Actor/producer Katie Boland introduced a series of acceptance speeches from winners Todd Haynes (named Best Director for Carol, this year’s Best Picture); Phoenix star Nina Hoss (Best Actress) and director Christian Petzold (accepting that film’s Best Foreign-Language Film award); Mark Rylance (Best Supporting Actor, Bridge Of Spies); Alicia Vikander (Best Supporting Actress for Ex Machina, which was also named Best First Feature); Joshua Oppenheimer (director of The Look of Silence, which won this year’s Allan King Documentary Award) and Aardman Animations’ Mark Burton and Richard Stark, directors of this year’s Best Animated Feature, Shaun the Sheep Movie.

As previously announced, Deepa Mehta is the winner of the Technicolor Clyde Gilmour Award, which was presented at the event by 2014 Gilmour winner Piers Handling. Under the pay-it-forward terms of the award, Technicolor donated $50,000 in services to a filmmaker of Mehta’s choosing—documentarian Nisha Pahuja, director of The World Before Her.

Also announced, Quebecois director Anne Émond (Nuit #1, Les êtres chers) won the Stella Artois Jay Scott Prize for an emerging artist, which was presented by Sarah Gadon. Émond received a cheque for $5,000 from Stella Artois.

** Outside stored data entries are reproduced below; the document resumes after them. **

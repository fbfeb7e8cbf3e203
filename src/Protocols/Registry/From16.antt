-- ===== src/Protocols/Registry/From16.antt =====
-- The engines of protocols/mod.rs with the numbers from 16 on.
use uscan.Prelude.{[], ◌∷◌}
use uscan.Prelude.{codes}
use uscan.Engine.{listen_nothing}
use uscan.Engine.Receive.{ScanEngine}
use uscan.Arp
use uscan.Protocols.GigE
use uscan.Protocols.Vstarcam
use uscan.Protocols.Eaton
use uscan.Protocols.Foscam
use uscan.Protocols.Lantronix
use uscan.Protocols.Microchip
use uscan.Protocols.Advantech
use uscan.Protocols.Eden
use uscan.Protocols.CyberPower
use uscan.Protocols.Mssql
use uscan.Protocols.Tvt
use uscan.Protocols.Registry.Shapes.{once, counted, always, no_parser}

unfoldable pub engine_arecont : ScanEngine
engine_arecont = record {
  name = codes "Arecont";
  used_ports = [];
  color = 0x8b;
  counter = 0;
  listen = listen_nothing;
  probes = once [];
  parse = no_parser;
}

unfoldable pub engine_gige : ScanEngine
engine_gige = record {
  name = codes "GigEVision";
  used_ports = GigE.port ∷ [];
  color = 0xff0000;
  counter = 0;
  listen = GigE.listen;
  probes = counted GigE.probes;
  parse = always GigE.parse;
}

unfoldable pub engine_vstarcam : ScanEngine
engine_vstarcam = record {
  name = codes "VStarcam";
  used_ports = Vstarcam.port ∷ [];
  color = 0x8b;
  counter = 0;
  listen = Vstarcam.listen;
  probes = once Vstarcam.scan;
  parse = always Vstarcam.parse;
}

unfoldable pub engine_eaton : ScanEngine
engine_eaton = record {
  name = codes "Eaton";
  used_ports = Eaton.port ∷ [];
  color = 0xff;
  counter = 0;
  listen = Eaton.listen;
  probes = once Eaton.scan;
  parse = Eaton.parse;
}

unfoldable pub engine_foscam : ScanEngine
engine_foscam = record {
  name = codes "Foscam";
  used_ports = Foscam.port ∷ [];
  color = 0xff0000;
  counter = 0;
  listen = Foscam.listen;
  probes = once Foscam.scan;
  parse = always Foscam.parse;
}

unfoldable pub engine_lantronix : ScanEngine
engine_lantronix = record {
  name = codes "Lantronix";
  used_ports = Lantronix.port ∷ [];
  color = 0xffa500;
  counter = 0;
  listen = Lantronix.listen;
  probes = once Lantronix.scan;
  parse = always Lantronix.parse;
}

unfoldable pub engine_microchip : ScanEngine
engine_microchip = record {
  name = codes "Microchip";
  used_ports = Microchip.port ∷ [];
  color = 0xff0000;
  counter = 0;
  listen = Microchip.listen;
  probes = once Microchip.scan;
  parse = always Microchip.parse;
}

unfoldable pub engine_advantech : ScanEngine
engine_advantech = record {
  name = codes "Advantech";
  used_ports = [];
  color = 0x8080;
  counter = 0;
  listen = Advantech.listen;
  probes = once Advantech.scan;
  parse = always Advantech.parse;
}

unfoldable pub engine_eden : ScanEngine
engine_eden = record {
  name = codes "Eden";
  used_ports = Eden.port ∷ [];
  color = 0xff0000;
  counter = 0;
  listen = Eden.listen;
  probes = once Eden.scan;
  parse = always Eden.parse;
}

unfoldable pub engine_cyberpower : ScanEngine
engine_cyberpower = record {
  name = codes "CyberPower";
  used_ports = CyberPower.port ∷ [];
  color = 0xff8c00;
  counter = 0;
  listen = CyberPower.listen;
  probes = once CyberPower.scan;
  parse = always (λ from. CyberPower.parse);
}

unfoldable pub engine_mssql : ScanEngine
engine_mssql = record {
  name = codes "MSSQL";
  used_ports = Mssql.port ∷ [];
  color = 0x0;
  counter = 0;
  listen = Mssql.listen;
  probes = once Mssql.scan;
  parse = always Mssql.parse;
}

unfoldable pub engine_arp : ScanEngine
engine_arp = record {
  name = codes "ARP";
  used_ports = [];
  color = 0xff;
  counter = 0;
  listen = listen_nothing;
  probes = once [];
  parse = always (λ from. Arp.arp_parse);
}

unfoldable pub engine_tvt : ScanEngine
engine_tvt = record {
  name = codes "TVT";
  used_ports = Tvt.port ∷ [];
  color = 0x9932cc;
  counter = 0;
  listen = Tvt.listen;
  probes = once Tvt.scan;
  parse = always Tvt.parse;
}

Matt Johnson presented the Manulife Student Film Award to Vladimir Paskaljevic (York University) for his cross-continental drama Absence Is Present. The award carries a cash prize of $5,000, donated by Manulife to celebrate the spirit of volunteerism that is at the heart of student film-making and the power of storytelling to inspire active citizenship.